By Aidée Zamorano,
I was the last of my school generation to menstruate. I was a freshman in high school, days away from my quinceañera. In a school where most of us were girls, periods were public knowledge. My mom's friends worried excessively about my case, but I enjoyed it to the fullest: I could still swim and climb on the trampolines or go to McDonald's games with my brothers because I had a "girl's body. It was normal for me; my mom had also started at fourteen.
The Carmelite Missionaries of St. Teresa - yes, I studied in a school of nuns - made sure that we saw menstruation as something disgusting, shameful and almost a divine punishment. We never had a sex education class. If in third grade a group of parents prevented us from reading Aura, what were we going to have classes on hormonal changes! Talking about the blood that some classmates left on the benches was forbidden.
When the time came I cried hugging my mom. For me it meant leaving the pool and facing the director's comments about smelling like fish. That day my dad took me to the opera, it was uncomfortable to sit for four hours in a huge towel with wings and my brown flowered jeans. I felt everyone noticed the bulge in my crotch and the "smell" I imagined filled Bellas Artes.
Fortunately, my menarche was brief. Until my quinceañera, my mom would religiously take me to check the towel under my salmon-colored dress, as if menstruation might reappear at the least opportune moment.
Today I tenderly embrace that fifteen-year-old version of myself. I remember the fear with which I lived my first periods. In high school, with men in the room, we were told that they should never know about our towels.
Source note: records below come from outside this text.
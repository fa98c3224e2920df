-- ===== src/Storage/BTree/Search/Locate.antt =====
-- Where an item belongs among the items under a node.
use negentropy.Prelude.{
  ◌≡◌, refl, ap, sym, ◌∙◌, Bool, true, false, ◌||◌, List, [], ◌∷◌, ◌++◌, length, map, All, ◌⊎◌, inl,
  inr, arith, ℕ,
}
use mathlib.Core.Path.{subst}
use mathlib.Core.List.{map-append}
use negentropy.Types.{Item, item_lt}
use negentropy.Types.Order.{item_lt-le_trans}
use negentropy.Storage.{IsAscending}
use negentropy.Storage.Vector.{insert_sorted}
use negentropy.Storage.Ordered.{
  has, Under, Over, HeadOver, HeadOver-All, IsAscending-split, has-append, has-Over, has-Under,
  insert_sorted-front, insert_sorted-back,
}
use negentropy.Storage.BTree.{Limits, Key, NodePtr}
use negentropy.Storage.BTree.Shape.{item_of, First, First-append, LeafKeys, Below, Halves}
use negentropy.Storage.BTree.Search.Pick.{Picked}

-- the items before, at and behind the place
pub record Located (v : Item) (xs before here after : List Item) : Type 0 where
  pub parts : xs ≡ before ++ (here ++ after)
  pub under : All (Under v) before
  pub over : HeadOver v after

Under-All :
    (v k : Item) (before zs : List Item)
    → First k zs
    → item_lt v k ≡ false
    → All (λ x. HeadOver x zs) before
    → All (Under v) before
Under-All v k [] zs f h a = tt
Under-All v k (x ∷ before) [] f h a = absurd f
Under-All v k (x ∷ before) (z ∷ zs) f h a = (
  item_lt-le_trans x k v (subst (λ (i : Item). item_lt x i ≡ true) (sym f) a.0) h,
  Under-All v k before (z ∷ zs) f h a.1,
)

locate :
    (v k : Item) (xs before here after : List Item)
    → IsAscending xs
    → xs ≡ before ++ (here ++ after)
    → First k here
    → (before ≡ []) ⊎ (item_lt v k ≡ false)
    → HeadOver v after
    → Located v xs before here after
locate v k xs before here after h e f (inl none) o = record {
  parts = e;
  under = subst (All (Under v)) (sym none) tt;
  over = o;
}
locate v k xs before here after h e f (inr not_above) o = record {
  parts = e;
  under =
      Under-All v k before (here ++ after) (First-append k here after f) not_above
        (IsAscending-split before (here ++ after) (subst IsAscending e h)).across;
  over = o;
}

module _ (v : Item) (xs before here after : List Item) (h : IsAscending xs)
    (at : Located v xs before here after) where
  after-Over : All (Over v) after
  after-Over =
      let rest = (IsAscending-split before (here ++ after) (subst IsAscending at.parts h)).back in
      HeadOver-All v after (IsAscending-split here after rest).back at.over

  pub here_IsAscending : IsAscending here
  here_IsAscending =
      (IsAscending-split here after
        (IsAscending-split before (here ++ after) (subst IsAscending at.parts h)).back).front

  pub has_located : has v xs ≡ has v here
  has_located =
      ap (has v) at.parts
      ∙ has-append v before (here ++ after)
      ∙ ap (λ (b : Bool). b || has v (here ++ after)) (has-Under v before at.under)
      ∙ has-append v here after
      ∙ ap (λ (b : Bool). has v here || b) (has-Over v after after-Over)
      ∙ ground arith

  pub insert_located : insert_sorted v xs ≡ before ++ (insert_sorted v here ++ after)
  insert_located =
      ap (insert_sorted v) at.parts
      ∙ insert_sorted-front v before (here ++ after) at.under
      ∙ ap (◌++◌ before) (insert_sorted-back v here after at.over)

module _ (v : Item) (xs : List Item) (h : IsAscending xs) where
  -- in a leaf
  pub locate_leaf :
      (keys : List Key) (below : List ℕ) (b i : ℕ)
      → LeafKeys keys xs below
      → (p : Picked v keys b i)
      → Located v xs (map item_of p.front) (p.key.item ∷ []) (map item_of p.back)
  locate_leaf keys below b i leaf p =
      locate v p.key.item xs (map item_of p.front) (p.key.item ∷ []) (map item_of p.back) h
        (leaf.own ∙ ap (map item_of) p.parts ∙ map-append item_of p.front (p.key ∷ p.back)) refl
        (lower p.lower) p.upper
    where
      lower :
          (p.front ≡ []) ⊎ (item_lt v p.key.item ≡ false)
          → (map item_of p.front ≡ []) ⊎ (item_lt v p.key.item ≡ false)
      lower (inl none) = inl (ap (map item_of) none)
      lower (inr c) = inr c

  module _ (l : Limits) (read : ℕ → NodePtr) (Held : ℕ → List Item → List ℕ → Type 0) where
    upper_after :
        (back : List Key) (zs : List Item) (js : List ℕ)
        → HeadOver v (map item_of back)
        → Below l read Held back zs js
        → HeadOver v zs
    upper_after [] zs js o none = subst (HeadOver v) (sym none.0) tt
    upper_after (k ∷ ks) zs js o c =
        subst (HeadOver v) (sym c.items_split) (first_over k.item c.ys c.zs c.first o)
      where
        first_over :
            (a : Item) (ys rest : List Item) → First a ys → Over v a → HeadOver v (ys ++ rest)
        first_over a [] rest f o' = absurd f
        first_over a (y ∷ ys) rest f o' = subst (Over v) f o'

    none_before :
        (front : List Key) (ys : List Item) (is : List ℕ)
        → Below l read Held front ys is
        → front ≡ []
        → ys ≡ []
    none_before [] ys is none e = none.0
    none_before (k ∷ ks) ys is c e = absurd (omega (arith, ap length e))

    -- in a node above the leaves
    pub locate_child :
        (front : List Key) (key : Key) (back : List Key) (below : List ℕ)
        → (front ≡ []) ⊎ (item_lt v key.item ≡ false)
        → HeadOver v (map item_of back)
        → (c : Halves l read Held front (key ∷ back) xs below)
        → Located v xs c.ys c.back.ys c.back.zs
    locate_child front key back below lo up c =
        locate v key.item xs c.ys c.back.ys c.back.zs h
          (c.items_split ∙ ap (◌++◌ c.ys) c.back.items_split) c.back.first (lower lo)
          (upper_after back c.back.zs c.back.js up c.back.others)
      where
        lower :
            (front ≡ []) ⊎ (item_lt v key.item ≡ false) → (c.ys ≡ []) ⊎ (item_lt v key.item ≡ false)
        lower (inl none) = inl (none_before front c.ys c.is c.front none)
        lower (inr k) = inr k
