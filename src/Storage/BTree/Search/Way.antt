-- ===== src/Storage/BTree/Search/Way.antt =====
-- The search in a tree: the way it takes, and that it finds exactly the items of the tree.
use negentropy.Prelude.{
  ℕ, zero, suc, ◌+◌, ◌≤◌, ◌<◌, ◌≡◌, refl, ap, sym, ◌∙◌, Bool, true, false, ◌||◌, List, [], ◌∷◌,
  ◌++◌, append_assoc, append-nil, length, arith, u64_mod, ◌==◌, if◌then◌else◌, get_elem?, some,
  none, All, map,
}
use mathlib.Core.Path.{subst}
use negentropy.Prelude.Results.{ok}
use negentropy.Types.{Item, item_eq}
use negentropy.Storage.{IsAscending}
use negentropy.Storage.Ordered.{has}
use negentropy.Storage.BTree.{Limits, Key, Node, NodePtr, node_ptr, null_ptr, deref, key_at}
use negentropy.Storage.BTree.Search.{Breadcrumb, index_for, search_from, search_item}
use negentropy.Storage.BTree.Search.Pick.{Picked, index_for_lem}
use negentropy.Storage.BTree.Search.Locate.{
  locate_leaf, locate_child, has_located, here_IsAscending,
}
use negentropy.Storage.BTree.Shape.{
  Slots, Sub, LeafKeys, Below, Halves, Below-split, First, All-split,
}

get_elem-behind :
    (front : List Key) (k : Key) (back rest : List Key) (i : ℕ)
    → 0 + length front ≡ i
    → get_elem? ((front ++ (k ∷ back)) ++ rest) i ≡ some k
get_elem-behind [] k back rest zero e = refl
get_elem-behind [] k back rest (suc i) e = absurd (omega (arith, e))
get_elem-behind (q ∷ front) k back rest zero e = absurd (omega (arith, e))
get_elem-behind (q ∷ front) k back rest (suc i) e =
    get_elem-behind front k back rest i (omega (arith, e))

has_node : NodePtr → ℕ
has_node ptr = elim ptr.p [ none ↦ 0 | some node ↦ 1 ]

module _ (l : Limits) (short : l.max_items < u64_mod) (read : ℕ → NodePtr)
    (zero_null : read 0 ≡ null_ptr) (v : Item) where
  pub picked :
      (node : Node) (keys : List Key)
      → Slots l node keys
      → 0 < length keys
      → Picked v keys 0 (index_for v node)
  picked node keys slots some_key =
      index_for_lem l v node keys slots some_key (omega (arith, slots.within, short))

  -- the child that the search goes on with, and the children around it
  pub child_at :
      (depth : ℕ) (keys : List Key) (xs : List Item) (below : List ℕ) (b i : ℕ)
      → Below l read (Sub l read depth) keys xs below
      → (p : Picked v keys b i) → Halves l read (Sub l read depth) p.front (p.key ∷ p.back) xs below
  child_at depth keys xs below b i body p =
      Below-split l read (Sub l read depth) p.front (p.key ∷ p.back) xs below
        (subst (λ (ks : List Key). Below l read (Sub l read depth) ks xs below) p.parts body)

  abbrev pub crumb_at : ℕ → Node → Breadcrumb
  crumb_at id node = record { index = index_for v node; node_id = id }

  -- the breadcrumbs, the last one in front
  unfoldable pub way :
      (depth id : ℕ) (xs : List Item) (ids : List ℕ) → Sub l read depth id xs ids → List Breadcrumb
  way zero id xs ids t = crumb_at id t.node ∷ []
  way (suc depth) id xs ids t =
      let p = picked t.node t.keys t.slots t.some_key in
      let h = child_at depth t.keys xs t.below 0 (index_for v t.node) t.body p in
      way depth p.key.node_id h.back.ys h.back.is h.back.held ++ (crumb_at id t.node ∷ [])

  pub not_zero : (id : ℕ) (node : Node) → read id ≡ node_ptr id node → 0 < id
  unfolding has_node
  not_zero zero node e = absurd (omega (arith, ap has_node (sym zero_null ∙ e)))
  not_zero (suc id) node e = omega arith

  search_step :
      (id : ℕ) (node : Node) (keys : List Key) (fuel : ℕ) (found : Bool) (crumbs : List Breadcrumb)
      → read id ≡ node_ptr id node
      → Slots l node keys
      → (p : Picked v keys 0 (index_for v node))
      → search_from read (suc fuel) v (read id) found crumbs
        ≡ search_from read fuel v
            (read p.key.node_id)
            (found || item_eq v p.key.item)
            (crumb_at id node ∷ crumbs)
  unfolding search_from deref key_at
  search_step id node keys fuel found crumbs at slots p =
      let at_key : get_elem? node.items (index_for v node) ≡ some p.key =
        ap (λ (ks : List Key). get_elem? ks (index_for v node))
          (slots.used ∙ ap (λ (ks : List Key). ks ++ slots.rest) p.parts)
        ∙ get_elem-behind p.front p.key p.back slots.rest (index_for v node) p.place in
      let some_id : (id == 0) ≡ false = ground (arith, not_zero id node at) in
      rw (at, some_id) (simp at_key)

  search_leaf :
      (id : ℕ) (xs : List Item) (ids : List ℕ) (fuel : ℕ) (found : Bool) (crumbs : List Breadcrumb)
      → (t : Sub l read zero id xs ids) → IsAscending xs
      → search_from read (suc (suc fuel)) v (read id) found crumbs
        ≡ ok (way zero id xs ids t ++ crumbs, found || has v xs)
  unfolding search_from way has
  search_leaf id xs ids fuel found crumbs t h =
      let p = picked t.node t.keys t.slots t.some_key in
      let leaf : LeafKeys t.keys xs t.below = t.body in
      let none_below : p.key.node_id ≡ 0 =
        (All-split (λ (k : Key). k.node_id ≡ 0) p.front (p.key ∷ p.back)
          (subst (All (λ (k : Key). k.node_id ≡ 0)) p.parts leaf.no_child)).1.0 in
      let in_leaf : has v xs ≡ item_eq v p.key.item =
        has_located v xs (map (λ (k : Key). k.item) p.front) (p.key.item ∷ [])
          (map (λ (k : Key). k.item) p.back) h (locate_leaf v xs h t.keys t.below 0 _ leaf p)
        ∙ ground arith in
      search_step id t.node t.keys (suc fuel) found crumbs t.found t.slots p
      ∙ rw (none_below, zero_null, in_leaf) refl

  First-has : (k : Item) (ys : List Item) → First k ys → item_eq v k ≡ true → has v ys ≡ true
  unfolding has
  First-has k [] f e = absurd f
  First-has k (y ∷ ys) f e =
      subst (λ (i : Item). (if item_eq v i then true else has v ys) ≡ true) f (rw e refl)

  -- The search takes its way, and says whether the item is one of the tree's.
  pub search_way :
      (depth id : ℕ) (xs : List Item) (ids : List ℕ) (t : Sub l read depth id xs ids)
      → IsAscending xs
      → (fuel : ℕ) (found : Bool) (crumbs : List Breadcrumb) → depth + 2 ≤ fuel
      → search_from read fuel v (read id) found crumbs
        ≡ ok (way depth id xs ids t ++ crumbs, found || has v xs)
  unfolding way
  search_way depth id xs ids t h zero found crumbs e = absurd (omega (arith, e))
  search_way depth id xs ids t h (suc zero) found crumbs e = absurd (omega (arith, e))
  search_way zero id xs ids t h (suc (suc fuel)) found crumbs e =
      search_leaf id xs ids fuel found crumbs t h
  search_way (suc depth) id xs ids t h (suc (suc fuel)) found crumbs e =
      let p = picked t.node t.keys t.slots t.some_key in
      let c = child_at depth t.keys xs t.below 0 (index_for v t.node) t.body p in
      let at =
        locate_child v xs h l read (Sub l read depth) p.front p.key p.back t.below p.lower p.upper
          c in
      let under : has v xs ≡ has v c.back.ys = has_located v xs c.ys c.back.ys c.back.zs h at in
      let asc : IsAscending c.back.ys = here_IsAscending v xs c.ys c.back.ys c.back.zs h at in
      let flag : ((found || item_eq v p.key.item) || has v c.back.ys) ≡ (found || has v xs) =
        ground (arith, under, First-has p.key.item c.back.ys c.back.first) in
      search_step id t.node t.keys (suc fuel) found crumbs t.found t.slots p
      ∙ search_way depth p.key.node_id c.back.ys c.back.is c.back.held asc (suc fuel)
          (found || item_eq v p.key.item) (crumb_at id t.node ∷ crumbs) (omega (arith, e))
      ∙ ap
          (λ (b : Bool). ok (
            way depth p.key.node_id c.back.ys c.back.is c.back.held
                ++ (crumb_at id t.node ∷ crumbs),
            b,
          ))
          flag
      ∙ ap (λ (cs : List Breadcrumb). ok (cs, found || has v xs))
          (sym (
            append_assoc (way depth p.key.node_id c.back.ys c.back.is c.back.held)
              (crumb_at id t.node ∷ []) crumbs))

  -- In a tree of ascending items, with fuel above its levels, `searchItem` returns: it finds exactly the
  -- items of the tree, and its breadcrumbs are the way that the keys lead, the last one in front.
  pub search_item_lem :
      (depth id : ℕ) (xs : List Item) (ids : List ℕ) (t : Sub l read depth id xs ids)
      → IsAscending xs
      → (fuel : ℕ) → depth + 2 ≤ fuel
      → search_item read fuel id v ≡ ok (way depth id xs ids t, has v xs)
  unfolding search_item
  search_item_lem depth id xs ids t h fuel e =
      search_way depth id xs ids t h fuel false [] e
      ∙ ap (λ (cs : List Breadcrumb). ok (cs, has v xs)) (append-nil (way depth id xs ids t))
It has been 292 menses since then, discounting my pregnancies and breastfeeding. I have had four consecutive years of monthly bleeding, a count I took recently, when I understood that a fainting spell, dry skin that left spots on my arms and legs, tingling in my left arm, dizziness, excessive hair loss, waking up drenched in sweat and other symptoms were the beginning of perimenopause. It was a three-month journey: between consultations, misdiagnoses and expenses, until an endocrinologist -on the recommendation of a friend- helped me find the answer. And when she, my friends and the ChatGPT agreed on the diagnosis I felt great relief, for a moment I feared a relapse of anxiety and depression.
It's exhausting that these days hormonal stages - menarche, pregnancy, breastfeeding, menopause - are still treated as individual problems, when they should be collective issues. I bet I was not the first to arrive with these symptoms to see medical specialists. In a European country where 51% of the population is female and whose GDP and per capita income is higher than in Mexico, I did not think that such a natural diagnosis would be so complicated.
Here it is not easy to find a health system that understands our needs. Coral Herrera was right when she told me: "I hope you will soon get over the idea that we are better off here.
Women continue to face a medicine that trivializes our symptoms and perpetuates misinformation. Maybe you too have had itchy skin for months that no one knows how to explain, or you are afraid to wash your hair because you feel like you have half the amount you did three months ago.
In Mexico, where more than 50% of women work in the informal sector, it is urgent that public policies guarantee access to decent services. The IMSS reports more than 70,000 estrogen replacement treatments per year, but these figures leave out those who do not have social security. Visiting endocrinologists, dermatologists, gynecologists to "discover" the beginning of a process expected for all women should not be a class privilege.
This stage may last me fifteen more years, or maybe it won't. I've read that it can start as early as 35. I have read that it can start as early as 35. When the day of my last menstruation arrives, I am going to throw myself a party and we will toast with menstrual cups. Because if the heteronormative system has taught us to be traumatized and scared with the arrival of menopause, I am going to throw a party with mariachi, for the system my body will be seen as less available for men's consumption, I guess they think that makes us sad and maybe that is why some medical specialists find it easier to tell us that it is stress, rather than finding out the answer in a hormonal profile.

The opinions expressed are the responsibility of the authors and are absolutely independent of the position and editorial line of the company. Opinion 51.